Problem (2) : Write procedures for (1),(2), and (3). Then use them

to input a BINARY TREE, for example a prime-factorization tree. The SPLIT

procedure should work as follows: the user types in the "name" of an atom,

and the names of the two children, and the appropriate branches are added

to the arrays. Then write a 4th procedure - print atoms. This is a very

simple procedure - it simply searches the list of nodes, looking for zero

pointers in the left and right children.

Problem (3) : Automate this process, so that you write a program

which prime factors a number by using the tree method. After each SPLIT,

the computer shows the list of atoms. The user types the name of an atom,

and the computer splits that atom if it is possible. Thus, the user

decides which atom to split, but the computer takes care of finding the

factors. This means you will need a new procedure which accepts an

integer as input, and returns two factors. It could return 0,0 for a

prime input - that is, a number with no factors. In this case,

no split occurs. Do not allow the following:

/ \

3 5

/ \

1 3

/ \

1 3

.............. Infinite tree, getting nowhere.
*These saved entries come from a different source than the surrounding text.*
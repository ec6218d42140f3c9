-- ===== src/System/Keeps.antt =====
-- The order of the data files that the handlers are to keep: the books, and no dispute about an open
-- auction.
use online_auction_system.Base.{ℕ, ◌≤◌, ◌≡◌, true, false, arith, inl, inr, length, All, All-imp}
use online_auction_system.Models.{Auction, Dispute}
use online_auction_system.Store.{File, records, slot_of}
use online_auction_system.Store.Laws.{IsKeyed}
use online_auction_system.World.{World}
use online_auction_system.BidHandler.{is_open}
use online_auction_system.Ledger.{BooksMatch}
use online_auction_system.Ledger.Update.{BooksMatch-files}
use online_auction_system.Ledger.Expiry.{IsShut}
use online_auction_system.System.History.{
  Evolves, Evolves-trans, Evolves-same, Follows, Follows-refl, Follows-trans, FollowsDispute,
  FollowsDispute-refl, FollowsDispute-trans,
}

abbrev pub dispute_key : Dispute → ℕ
dispute_key d = d.dispute_id

-- The auction of a dispute is on file, and not open.
abbrev pub IsAboutShut : File Auction → Dispute → Type 0
IsAboutShut f d = IsShut (slot_of d.auction_id) f

-- The data files of money are in order: the books match, and disputes.dat can be written, holds
-- dispute i + 1 in record i, and has no dispute about an open auction.
pub record InOrder (w : World) : Type 0 where
  pub books : BooksMatch w
  pub disputes_keyed : IsKeyed dispute_key w.disputes
  pub disputes_writable : w.disputes.writable ≡ true
  pub disputes_shut : All (IsAboutShut w.auctions) (records w.disputes)

-- From `w` to `w'` the files stay in order, no user goes away, and auctions and disputes only go on.
pub record Keeps (w w' : World) : Type 0 where
  pub in_order : InOrder w'
  pub users_stay : length (records w.users) ≤ length (records w'.users)
  pub auctions_go_on : Evolves Follows w.auctions w'.auctions
  pub disputes_go_on : Evolves FollowsDispute w.disputes w'.disputes

-- No shut auction opens from `f` to `f'`.
abbrev StaysShut : File Auction → File Auction → Type 0
StaysShut f f' = (i : ℕ) → IsShut i f → IsShut i f'

Evolves-StaysShut : {f f' : File Auction} → Evolves Follows f f' → StaysShut f f'
Evolves-StaysShut e i (a, there, shut) =
    let (a', there', follows) = e.later i a there in
    let over : is_open a'.status ≡ false = elim follows.outcome [
      | inl opened ↦ absurd (ground arith)
      | inr settled ↦ settled.over
    ] in
    (a', there', over)

pub Keeps-trans : {w w' w'' : World} → Keeps w w' → Keeps w' w'' → Keeps w w''
Keeps-trans p q = record {
  in_order = q.in_order;
  users_stay = omega (arith, p.users_stay, q.users_stay);
  auctions_go_on = Evolves-trans Follows-trans p.auctions_go_on q.auctions_go_on;
  disputes_go_on = Evolves-trans FollowsDispute-trans p.disputes_go_on q.disputes_go_on;
}

-- Where disputes.dat stays as it is.
pub Keeps-books :
    {w w' : World}
    → InOrder w
    → BooksMatch w'
    → length (records w.users) ≤ length (records w'.users)
    → w'.disputes ≡ w.disputes
    → Evolves Follows w.auctions w'.auctions
    → Keeps w w'
Keeps-books {w} {w'} o m grows same goes_on = record {
  in_order = record {
    books = m;
    disputes_keyed = rw same o.disputes_keyed;
    disputes_writable = rw same o.disputes_writable;
    disputes_shut = rw same (
        All-imp (IsAboutShut w.auctions) (IsAboutShut w'.auctions) (records w.disputes)
          (λ d. Evolves-StaysShut goes_on (slot_of d.auction_id)) o.disputes_shut);
  };
  users_stay = grows;
  auctions_go_on = goes_on;
  disputes_go_on = Evolves-same FollowsDispute-refl same;
}

-- Where none of the three files changes.
pub Keeps-files :
    {w w' : World}
    → InOrder w
    → w'.users ≡ w.users
    → w'.auctions ≡ w.auctions
    → w'.disputes ≡ w.disputes
    → Keeps w w'
Keeps-files o eu ea ed =
    Keeps-books o (BooksMatch-files eu ea o.books) (rw eu (omega arith)) ed
      (Evolves-same Follows-refl ea)

-- What follows leaves the three files alone.
pub Keeps-then :
    {w w' w'' : World}
    → Keeps w w'
    → w''.users ≡ w'.users
    → w''.auctions ≡ w'.auctions
    → w''.disputes ≡ w'.disputes
    → Keeps w w''
Keeps-then k eu ea ed = Keeps-trans k (Keeps-files k.in_order eu ea ed)
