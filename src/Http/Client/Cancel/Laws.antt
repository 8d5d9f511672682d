-- ===== src/Http/Client/Cancel/Laws.antt =====
-- What cancelling does: to a queued request, to the active one, and to the user.
use tlsuv.Base.{
  ℕ, ◌≡◌, ◌<◌, refl, Bytes, Bool, true, false, Option, none, some, List, [], ◌∷◌, ◌++◌, arith,
}
use tlsuv.Http.Types.{
  Req, Chunk, headers_received, rank, Uv, uv_code, ecanceled, Event, responded, body_given,
}
use tlsuv.Http.Client.{
  Client, fail_active_request, close_connection, fail_active, fail_queued, fail_one, fail_request,
  clear_req_body,
}
use tlsuv.Http.Client.Cancel.{
  is_queued, remove_queued, is_active, cancelled, tell_cancelled, req_cancel, cancel_all,
}

is_queued-append : (rs : List Req) (r : Req) (ss : List Req) → is_queued (rs ++ r ∷ ss) r.id ≡ true
unfolding is_queued
is_queued-append [] r ss = ground arith
is_queued-append (q ∷ rs) r ss = ground (arith, is_queued-append rs r ss)

remove_queued-append :
    (rs : List Req) (r : Req) (ss : List Req)
    → is_queued rs r.id ≡ false
    → remove_queued (rs ++ r ∷ ss) r.id ≡ rs ++ ss
unfolding is_queued remove_queued
remove_queued-append [] r ss h = ground arith
remove_queued-append (q ∷ rs) r ss h = ground (arith, h, remove_queued-append rs r ss)

-- Cancelling a queued request, one that has a callback and no response yet, takes it out of the
-- queue and nothing else, closes nothing, and tells the user: `resp_cb` behind the chunks' callbacks.
pub cancel_queued_lem :
    (c : Client) (r : Req) (before after : List Req) (wants : Bool) (msg : Bytes)
    → c.requests ≡ before ++ r ∷ after
    → is_queued before r.id ≡ false
    → is_active c.active r.id ≡ false
    → rank r.state < rank headers_received
    → r.resp_cb ≡ some wants
    → req_cancel c r msg
      ≡ cancelled (
        record c { requests = before ++ after },
        clear_req_body r.id r.req_body ecanceled
            ++ (responded r.id (uv_code ecanceled) (some msg) r.resp.headers ∷ []),
      )
unfolding req_cancel tell_cancelled
cancel_queued_lem c r before after wants msg queue first other early cb = ground (
  arith,
  queue,
  other,
  early,
  cb,
  is_queued-append before r after,
  remove_queued-append before r after first,
)

-- Has the user been given anything of a body?
unfoldable pub body_told : List Event → Bool
body_told [] = false
body_told (body_given id e ∷ es) = true
body_told (_ ∷ es) = body_told es

body_told-append :
    (es fs : List Event)
    → body_told es ≡ false
    → body_told fs ≡ false
    → body_told (es ++ fs) ≡ false
unfolding body_told
body_told-append [] fs h g = g
body_told-append (body_given id e ∷ es) fs h g = ground (arith, h)
body_told-append (_ ∷ es) fs h g = body_told-append es fs h g

body_told-clear_req_body :
    (id : ℕ) (bs : List Chunk) (code : Uv) → body_told (clear_req_body id bs code) ≡ false
unfolding clear_req_body body_told
body_told-clear_req_body id [] code = refl
body_told-clear_req_body id (b ∷ bs) code = ground (arith, body_told-clear_req_body id bs code)

body_told-fail_queued :
    (rs : List Req) (code : Uv) (msg : Bytes) → body_told (fail_queued rs code msg) ≡ false
unfolding fail_queued fail_one
body_told-fail_queued [] code msg = unfold body_told in refl
body_told-fail_queued (r ∷ rs) code msg =
    body_told-append (fail_one r code msg) _
      (unfold body_told in ground (arith, body_told-clear_req_body r.id r.req_body code))
      (body_told-fail_queued rs code msg)

body_told-fail_active :
    (o : Option Req) (code : Uv) (msg : Bytes) → body_told (fail_active o code msg).1 ≡ false
unfolding body_told fail_request
body_told-fail_active none code msg = refl
body_told-fail_active (some r) code msg =
    ground (arith, body_told-clear_req_body r.id r.req_body code)

body_told-close : (c : Client) → body_told (close_connection c).1 ≡ false
unfolding body_told close_connection
body_told-close c = ground arith

-- Cancelling all requests makes no call of a `body_cb`, whatever their states are: a request in the
-- middle of its response body is not told the end of the body.
cancel_all-body : (c : Client) (msg : Bytes) → body_told (cancel_all c msg).1 ≡ false
unfolding cancel_all fail_active_request
cancel_all-body c msg =
    body_told-append
      ((fail_active c.active ecanceled msg).1 ++ fail_queued c.requests ecanceled msg) _
      (body_told-append (fail_active c.active ecanceled msg).1 _
        (body_told-fail_active c.active ecanceled msg)
        (body_told-fail_queued c.requests ecanceled msg))
      (body_told-close _)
Problem (4) : Automate the process further: the computer chooses the

atom which is to be split. It loops, by itself, until none of the

atoms can be split. Then it stops! This is a bit tricky. Now you

should be able to type in a number, and the computer does the prime

factorization by itself.

Problem (5) : Although it is of no particular theoretical importance,

it is nice for people to be able to SEE a tree. The drawings above are

quite difficult to produce using a computer program, and have the

possibility of growing too large for the screen. Look at the Explorer

program in Windows . This is one possible way to represent a tree.

Another method, which makes sense in the prime-factorization problem,

is the following:

120

(12)(10)

((3)(4))((2)(5))

((3)((2)(2)))((2)(5))

There is one "formula" for each "level" in the tree.

Try writing a SHOWTREE procedure, which prints this list of formulas.

Problem (6) : The prime-factorization problem can produce many different

trees for the same number. Can you write a program which would COUNT the

number of different trees for a given number?